P1-Start right of the continuous crack of White Whale, directly below a roof band. climb up a thin dead end crack, make some moves up and left across the slab (sparse pro), go around the left end of the roof, and belay at the tree.
P2-go right from the tree to an obvious pillar with a wide crack that tapers to nothing. When that ends, head up and left to make a belay (full rope-length).
P3-climb a short crack, then traverse off left, or head straight up nebulous 5.7 terrain to the walk-off ledge (avoiding at all costs a water-worn groove which appears easier than it is).
P4-addendum: Move right, and continue up 5.9 to a topless tree to a small, triangular roof.
Protection
Standard rack; the second pitch has an easy wide crack for which one bigger piece such as a #4 Friend might be nice. Make sure you have at least a normal allowance of small gear.
By Leo Paik Administrator From: Westminster, Colorado Mar 13, 2002 rating: 5.7+
Agreed that this is a great route. However, it's harder than White Whale despite sharing belays. The 1st pitch has 2 solid cruxes for a 5.7 leader. The P1 variation going straight over the roof is very intimidating for the 5.8 described Rossiter's guide. Big hexes are very useful for the 1st belay because you might like some bigger cams for the start of the 2nd pitch. A #4 Camalot is oh so nice. Definitely worth the effort.
You don't need gear for the first belay as you can sling a solid tree.
By Leo Paik Administrator From: Westminster, Colorado Mar 14, 2002 rating: 5.7+
A few disadvantages to slinging the tree: 1) you are in the way for those doing White Whale, 2) it is less comfortable to belay there, 3) you'd have to depend upon a tree - known to be less than reliable over the years, 4) it lengthens 2nd pitch (can be a rope stretcher with a 50m). Plus, a big hex isn't that heavy.
The fact that White Whale and this climb have the same rating points to the nebulous nature of ratings. This climb imho is significantly harder along with some not so easy runouts. Protecting the second pitch (which is great climbing, the best part of the climb) undercling crack is a bit problematic, even too big for a 4 Camalot until you are a significant way above a nasty ledge. It begins to take good pro about half way up but then it fades away to nothing and again you are forced to run it out. Good climbing but not for the faint of heart.
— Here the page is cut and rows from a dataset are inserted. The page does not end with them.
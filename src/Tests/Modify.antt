-- ===== src/Tests/Modify.antt =====
-- Changes to a small table with an index, through the executors of src/execution.
use dbgenerality_rucbase.Base.{◌≡◌, refl, false, List, [], ◌∷◌, some, if◌then◌else◌, arith, pos}
use dbgenerality_rucbase.Record.File.{insert_record, get_record, update_record, is_record}
use dbgenerality_rucbase.Query.Result.{ok}
use dbgenerality_rucbase.Query.Cursor.{Row}
use dbgenerality_rucbase.Query.Value.{Value, SetClause, fresh, set_int}
use dbgenerality_rucbase.Query.Projection.{column}
use dbgenerality_rucbase.Query.Analyze.{for_each}
use dbgenerality_rucbase.Query.Modify.{
  IntIndex, int_index, rid_of, Indexed, Store, key_of, apply_sets, update_at, delete_all,
  delete_next, insert_next,
}
use dbgenerality_rucbase.Query.Modify.Inserts.{LaidFrom, encoded, insert_next-columns}
use dbgenerality_rucbase.Query.Modify.Changes.{is_in, delete_next-is_record}
use dbgenerality_rucbase.Query.Modify.Updates.{update_at-get_value}
use dbgenerality_rucbase.Query.Value.Bytes.{int_of_bytes}
use dbgenerality_rucbase.Index.Compare.{compare_int, int_order}
use dbgenerality_rucbase.Index.Node.{internal_lookup, leaf_lookup}
use dbgenerality_rucbase.Index.Tree.{get_value, find_leaf_page}
use dbgenerality_rucbase.Index.Tree.Shape.{IsTree}
use dbgenerality_rucbase.Tests.Tree.{two_leaves, two_leaves-IsTree, last_leaf}
use dbgenerality_rucbase.Record.Layout.{new_header, create_file}
use dbgenerality_rucbase.System.Meta.{type_int}
use dbgenerality_rucbase.System.Tables.{ColDef, SmManager, create_table}
use dbgenerality_rucbase.Query.Modify.Created.{Created, create_table-LaidFrom}
use dbgenerality_rucbase.Tests.Tables.{col_a, tab, two_rows, row_1, a_of}

-- The index on the column `a`: 1, 2, 4 and 7 in two leaves.
abbrev on_a : Indexed IntIndex
on_a = record {
  index = record { tab_name = "t"; col_tot_len = pos 4; col_num = 1; cols = col_a "t" ∷ [] };
  blank = 0 ∷ 0 ∷ 0 ∷ 0 ∷ [];
  ih = two_leaves;
}

abbrev set_a : SetClause
set_a = record {
  lhs = a_of "";
  rhs = record (set_int (pos 5) fresh) { raw = some (5 ∷ 0 ∷ 0 ∷ 0 ∷ []) };
}

abbrev changed_row : Row
changed_row = 5 ∷ 0 ∷ 0 ∷ 0 ∷ 7 ∷ 0 ∷ 0 ∷ 0 ∷ []

-- The record of key 1 gets key 5.
update_at-get_value_example :
    (t : IntIndex) × (update_at
        (int_index 2)
        tab
        (set_a ∷ [])
        (1, 0)
        (record { file = two_rows; indexes = on_a ∷ [] })
      ≡ ok (record {
        file = update_record 1 0 changed_row two_rows;
        indexes = record on_a { ih = t } ∷ [];
      }))
    × IsTree int_order (pos 0) t 1
    × (get_value int_order (pos 0) 2 (pos 5) t ≡ ok (some (rid_of (1, 0))))
    × (get_value int_order (pos 0) 2 (pos 1) t ≡ ok (some (rid_of (1, 0))))
unfolding apply_sets get_record key_of get_value compare_int find_leaf_page internal_lookup
    leaf_lookup int_of_bytes
update_at-get_value_example =
    update_at-get_value 2 1 tab (set_a ∷ []) 1 0 (record { file = two_rows; indexes = on_a ∷ [] })
      on_a changed_row (1 ∷ 0 ∷ 0 ∷ 0 ∷ []) (5 ∷ 0 ∷ 0 ∷ 0 ∷ []) (pos 1) (pos 5) (pos 3) last_leaf
      refl refl refl refl refl refl two_leaves-IsTree (omega arith) refl refl refl refl
      (ground arith)

abbrev no_index : Store IntIndex
no_index = record { file = two_rows; indexes = [] }

delete_next-is_record_example :
    is_record 1 0 (delete_all ((1, 0) ∷ []) two_rows)
    ≡ (if is_in 1 0 ((1, 0) ∷ []) then false else is_record 1 0 two_rows)
unfolding delete_next
delete_next-is_record_example =
    delete_next-is_record (int_index 2) row_1 ((1, 0) ∷ []) no_index
      (record { file = delete_all ((1, 0) ∷ []) two_rows; indexes = [] }) 1 0 refl

-- The values 1 and 7.
abbrev new_values : List Value
new_values = set_int (pos 1) fresh ∷ set_int (pos 7) fresh ∷ []

abbrev grown_store : Store IntIndex
grown_store = record { file = (insert_record row_1 two_rows).1; indexes = [] }

insert_next-columns_example :
    (out : List Row) × (encoded tab.cols new_values ≡ ok out)
    × (for_each (λ c. column c (get_record 1 2 grown_store.file)) tab.cols ≡ ok out)
unfolding LaidFrom insert_next
insert_next-columns_example =
    insert_next-columns (int_index 2) (0 ∷ 0 ∷ 0 ∷ 0 ∷ 0 ∷ 0 ∷ 0 ∷ 0 ∷ []) tab new_values no_index
      grown_store (1, 2) (4, refl, refl, (4, refl, refl, refl)) refl (refl, (refl, tt)) refl

-- A database without tables, and the same with the table `t`.
abbrev no_tables : SmManager
no_tables = record {
  db = record { name = "d"; tabs = [] };
  fhs = [];
  meta_file = record { name = "d"; tabs = [] };
}

abbrev with_t : SmManager
with_t = record {
  db = record { name = "d"; tabs = ("t", tab) ∷ [] };
  fhs = ("t", new_header 8) ∷ [];
  meta_file = record { name = "d"; tabs = ("t", tab) ∷ [] };
}

abbrev two_defs : List ColDef
two_defs =
    record { name = "a"; type = type_int; len = pos 4 }
    ∷ record { name = "b"; type = type_int; len = pos 4 }
    ∷ []

create_table-LaidFrom_example : Created "t" no_tables with_t
unfolding create_table create_file
create_table-LaidFrom_example =
    create_table-LaidFrom "t" two_defs no_tables with_t
      (4, refl, omega arith, (4, refl, omega arith, tt)) refl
I agree with Leo. Don't sling the tree for your first belay fellas. Speaking from a guide's point of view (used to guide this route) and 29 years of climbing, you'll only plug up the way for guys coming up White Whale. Two parties can easliy fit on this ledge simultaneously without gettin' in each others' way if you move your belay to below the start of the dihedral.
Nice route. We belayed from the spatious ledge above the White Whale tree, then headed up the dihedral (great!). Instead of heading left under the roof and joining White Whale, we went right and joined up with what turns out to be Beelzebub. Belay at the right edge of the "second" of two eyebrows/roofs in a precarious stance, then pull the roof (crux) and wander up 40' of 5.8s slab to Paperback Ledge. Walk off. If you've already done White Whale, this is a different, significantly harder variation well worth your time. The second pitch is fantastic!
By David Hodges From: Denver, Colorado Sep 14, 2007
From the new parking lot the approach is close to 2 miles. The first 1.5 miles are extremely enjoyable and pretty much rolling and the last .5 mile is uphill. Elevation is probably around 9500 or so this could make things more difficult if you are not used to it. Usually takes me between 30-40 minutes.